* [Task item]:
Copy word for word, please, the lines of the entries below running from the one containing "status ← from_result s" to the one containing "(get_task >>= λ", both ends included.

* [Listed entries]:
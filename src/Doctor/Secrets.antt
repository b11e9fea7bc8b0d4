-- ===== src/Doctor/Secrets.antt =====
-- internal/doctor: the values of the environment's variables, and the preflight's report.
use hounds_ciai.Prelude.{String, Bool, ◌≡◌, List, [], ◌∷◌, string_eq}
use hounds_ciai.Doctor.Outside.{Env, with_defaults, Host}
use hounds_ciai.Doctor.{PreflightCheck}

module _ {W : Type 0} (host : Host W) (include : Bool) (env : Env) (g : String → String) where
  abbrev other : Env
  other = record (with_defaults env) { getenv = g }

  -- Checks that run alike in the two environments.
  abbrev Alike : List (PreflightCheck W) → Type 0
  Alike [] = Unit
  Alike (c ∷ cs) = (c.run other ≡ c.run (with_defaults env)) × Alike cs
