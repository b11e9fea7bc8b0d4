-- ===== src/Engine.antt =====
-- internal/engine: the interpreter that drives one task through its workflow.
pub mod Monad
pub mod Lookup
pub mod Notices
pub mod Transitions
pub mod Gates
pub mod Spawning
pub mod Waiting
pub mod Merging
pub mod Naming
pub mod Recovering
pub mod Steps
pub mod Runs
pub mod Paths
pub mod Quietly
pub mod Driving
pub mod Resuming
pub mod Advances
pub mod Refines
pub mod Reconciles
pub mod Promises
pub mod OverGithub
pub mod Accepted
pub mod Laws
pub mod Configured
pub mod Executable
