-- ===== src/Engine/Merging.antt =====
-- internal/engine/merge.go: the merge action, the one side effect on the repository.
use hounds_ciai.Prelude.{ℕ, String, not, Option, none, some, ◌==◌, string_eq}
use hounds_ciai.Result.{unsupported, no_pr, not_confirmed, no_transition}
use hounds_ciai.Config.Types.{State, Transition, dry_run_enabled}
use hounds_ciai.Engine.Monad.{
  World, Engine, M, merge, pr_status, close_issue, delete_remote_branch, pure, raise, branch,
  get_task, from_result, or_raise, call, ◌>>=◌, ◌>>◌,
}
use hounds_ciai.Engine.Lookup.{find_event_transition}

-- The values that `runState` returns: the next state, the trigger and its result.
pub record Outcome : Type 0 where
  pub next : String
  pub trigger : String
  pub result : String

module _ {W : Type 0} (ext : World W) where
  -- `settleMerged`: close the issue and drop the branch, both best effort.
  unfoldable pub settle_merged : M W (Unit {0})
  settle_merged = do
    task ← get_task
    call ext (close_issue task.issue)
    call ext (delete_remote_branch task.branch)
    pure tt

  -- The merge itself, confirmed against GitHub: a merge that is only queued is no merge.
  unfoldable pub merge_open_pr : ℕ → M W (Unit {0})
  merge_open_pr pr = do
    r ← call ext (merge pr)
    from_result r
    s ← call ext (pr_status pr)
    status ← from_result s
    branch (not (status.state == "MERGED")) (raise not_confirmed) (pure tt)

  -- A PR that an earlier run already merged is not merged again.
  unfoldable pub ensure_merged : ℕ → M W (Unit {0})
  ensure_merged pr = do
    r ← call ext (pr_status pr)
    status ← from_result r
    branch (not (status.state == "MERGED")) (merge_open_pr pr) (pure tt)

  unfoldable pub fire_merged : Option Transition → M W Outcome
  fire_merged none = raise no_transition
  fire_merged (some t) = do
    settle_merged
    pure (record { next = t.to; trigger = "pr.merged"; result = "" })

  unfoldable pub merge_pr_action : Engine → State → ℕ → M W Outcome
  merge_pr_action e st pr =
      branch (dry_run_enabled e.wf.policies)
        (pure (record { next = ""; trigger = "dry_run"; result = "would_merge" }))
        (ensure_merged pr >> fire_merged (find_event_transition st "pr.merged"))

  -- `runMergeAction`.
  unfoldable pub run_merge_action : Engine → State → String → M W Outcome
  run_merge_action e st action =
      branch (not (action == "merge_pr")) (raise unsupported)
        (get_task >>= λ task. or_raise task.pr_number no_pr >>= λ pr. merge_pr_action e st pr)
---
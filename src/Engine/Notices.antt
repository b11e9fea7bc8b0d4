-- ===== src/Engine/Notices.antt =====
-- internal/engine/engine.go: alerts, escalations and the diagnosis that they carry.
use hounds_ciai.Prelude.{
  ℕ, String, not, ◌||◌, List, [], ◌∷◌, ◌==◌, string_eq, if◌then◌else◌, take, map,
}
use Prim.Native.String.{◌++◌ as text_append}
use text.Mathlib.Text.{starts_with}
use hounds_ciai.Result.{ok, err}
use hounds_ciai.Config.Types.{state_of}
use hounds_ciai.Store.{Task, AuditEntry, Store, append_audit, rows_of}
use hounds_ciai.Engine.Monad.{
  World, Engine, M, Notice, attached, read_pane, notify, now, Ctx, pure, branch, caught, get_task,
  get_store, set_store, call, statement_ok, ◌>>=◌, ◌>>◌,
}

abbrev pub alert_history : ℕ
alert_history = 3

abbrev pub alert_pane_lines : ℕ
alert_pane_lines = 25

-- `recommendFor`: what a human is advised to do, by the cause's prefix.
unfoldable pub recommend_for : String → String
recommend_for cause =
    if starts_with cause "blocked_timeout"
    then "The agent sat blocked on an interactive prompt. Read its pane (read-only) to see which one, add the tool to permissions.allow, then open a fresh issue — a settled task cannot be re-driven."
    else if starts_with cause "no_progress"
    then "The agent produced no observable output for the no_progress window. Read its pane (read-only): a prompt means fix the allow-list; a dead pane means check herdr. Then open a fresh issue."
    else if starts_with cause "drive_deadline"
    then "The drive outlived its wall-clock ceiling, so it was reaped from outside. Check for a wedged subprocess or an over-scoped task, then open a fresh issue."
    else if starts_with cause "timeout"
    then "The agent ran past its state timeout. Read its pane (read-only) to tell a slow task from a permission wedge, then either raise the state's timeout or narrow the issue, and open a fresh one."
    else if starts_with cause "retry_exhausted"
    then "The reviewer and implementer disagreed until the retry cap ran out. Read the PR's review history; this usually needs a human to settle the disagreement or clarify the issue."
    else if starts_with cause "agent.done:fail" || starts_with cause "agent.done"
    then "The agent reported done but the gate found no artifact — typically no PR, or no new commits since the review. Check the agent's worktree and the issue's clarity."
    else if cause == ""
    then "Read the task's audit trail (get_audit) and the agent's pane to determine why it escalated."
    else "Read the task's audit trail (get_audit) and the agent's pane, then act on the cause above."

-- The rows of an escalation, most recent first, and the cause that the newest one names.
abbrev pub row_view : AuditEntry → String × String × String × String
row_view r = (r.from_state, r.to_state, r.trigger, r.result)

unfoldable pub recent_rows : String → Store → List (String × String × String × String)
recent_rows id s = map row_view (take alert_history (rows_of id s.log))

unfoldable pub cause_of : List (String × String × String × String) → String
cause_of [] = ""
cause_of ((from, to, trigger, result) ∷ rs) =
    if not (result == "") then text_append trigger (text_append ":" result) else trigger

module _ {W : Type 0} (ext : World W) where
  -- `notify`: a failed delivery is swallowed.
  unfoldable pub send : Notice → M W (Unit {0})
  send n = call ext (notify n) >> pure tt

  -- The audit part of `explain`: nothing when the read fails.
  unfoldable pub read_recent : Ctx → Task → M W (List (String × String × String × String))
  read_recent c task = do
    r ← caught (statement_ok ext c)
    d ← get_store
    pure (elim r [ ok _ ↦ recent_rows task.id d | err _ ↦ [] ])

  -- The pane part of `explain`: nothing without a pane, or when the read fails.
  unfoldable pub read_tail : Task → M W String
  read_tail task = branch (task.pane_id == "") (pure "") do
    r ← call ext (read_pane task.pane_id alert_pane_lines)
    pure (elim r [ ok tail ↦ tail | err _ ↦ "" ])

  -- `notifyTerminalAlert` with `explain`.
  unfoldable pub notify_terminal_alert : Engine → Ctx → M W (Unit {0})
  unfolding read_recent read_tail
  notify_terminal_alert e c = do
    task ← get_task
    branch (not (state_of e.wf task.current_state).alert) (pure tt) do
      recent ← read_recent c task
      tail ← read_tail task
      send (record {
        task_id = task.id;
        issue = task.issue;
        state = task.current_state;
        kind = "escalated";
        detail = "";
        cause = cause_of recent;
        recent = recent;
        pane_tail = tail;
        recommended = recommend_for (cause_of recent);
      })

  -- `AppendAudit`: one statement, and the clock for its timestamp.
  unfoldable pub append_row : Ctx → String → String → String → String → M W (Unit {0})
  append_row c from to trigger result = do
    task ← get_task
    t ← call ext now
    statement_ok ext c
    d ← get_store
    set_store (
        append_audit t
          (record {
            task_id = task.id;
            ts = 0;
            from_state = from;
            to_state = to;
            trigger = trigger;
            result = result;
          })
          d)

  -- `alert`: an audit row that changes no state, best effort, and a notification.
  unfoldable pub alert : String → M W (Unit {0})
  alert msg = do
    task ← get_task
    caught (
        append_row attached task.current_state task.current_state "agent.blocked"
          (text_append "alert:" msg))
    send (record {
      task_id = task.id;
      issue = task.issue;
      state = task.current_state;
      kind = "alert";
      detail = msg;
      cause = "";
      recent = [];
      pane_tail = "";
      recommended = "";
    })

* [Expected output]:
    status ← from_result s
    branch (not (status.state == "MERGED")) (raise not_confirmed) (pure tt)

  -- A PR that an earlier run already merged is not merged again.
  unfoldable pub ensure_merged : ℕ → M W (Unit {0})
  ensure_merged pr = do
    r ← call ext (pr_status pr)
    status ← from_result r
    branch (not (status.state == "MERGED")) (merge_open_pr pr) (pure tt)

  unfoldable pub fire_merged : Option Transition → M W Outcome
  fire_merged none = raise no_transition
  fire_merged (some t) = do
    settle_merged
    pure (record { next = t.to; trigger = "pr.merged"; result = "" })

  unfoldable pub merge_pr_action : Engine → State → ℕ → M W Outcome
  merge_pr_action e st pr =
      branch (dry_run_enabled e.wf.policies)
        (pure (record { next = ""; trigger = "dry_run"; result = "would_merge" }))
        (ensure_merged pr >> fire_merged (find_event_transition st "pr.merged"))

  -- `runMergeAction`.
  unfoldable pub run_merge_action : Engine → State → String → M W Outcome
  run_merge_action e st action =
      branch (not (action == "merge_pr")) (raise unsupported)
        (get_task >>= λ task. or_raise task.pr_number no_pr >>= λ pr. merge_pr_action e st pr)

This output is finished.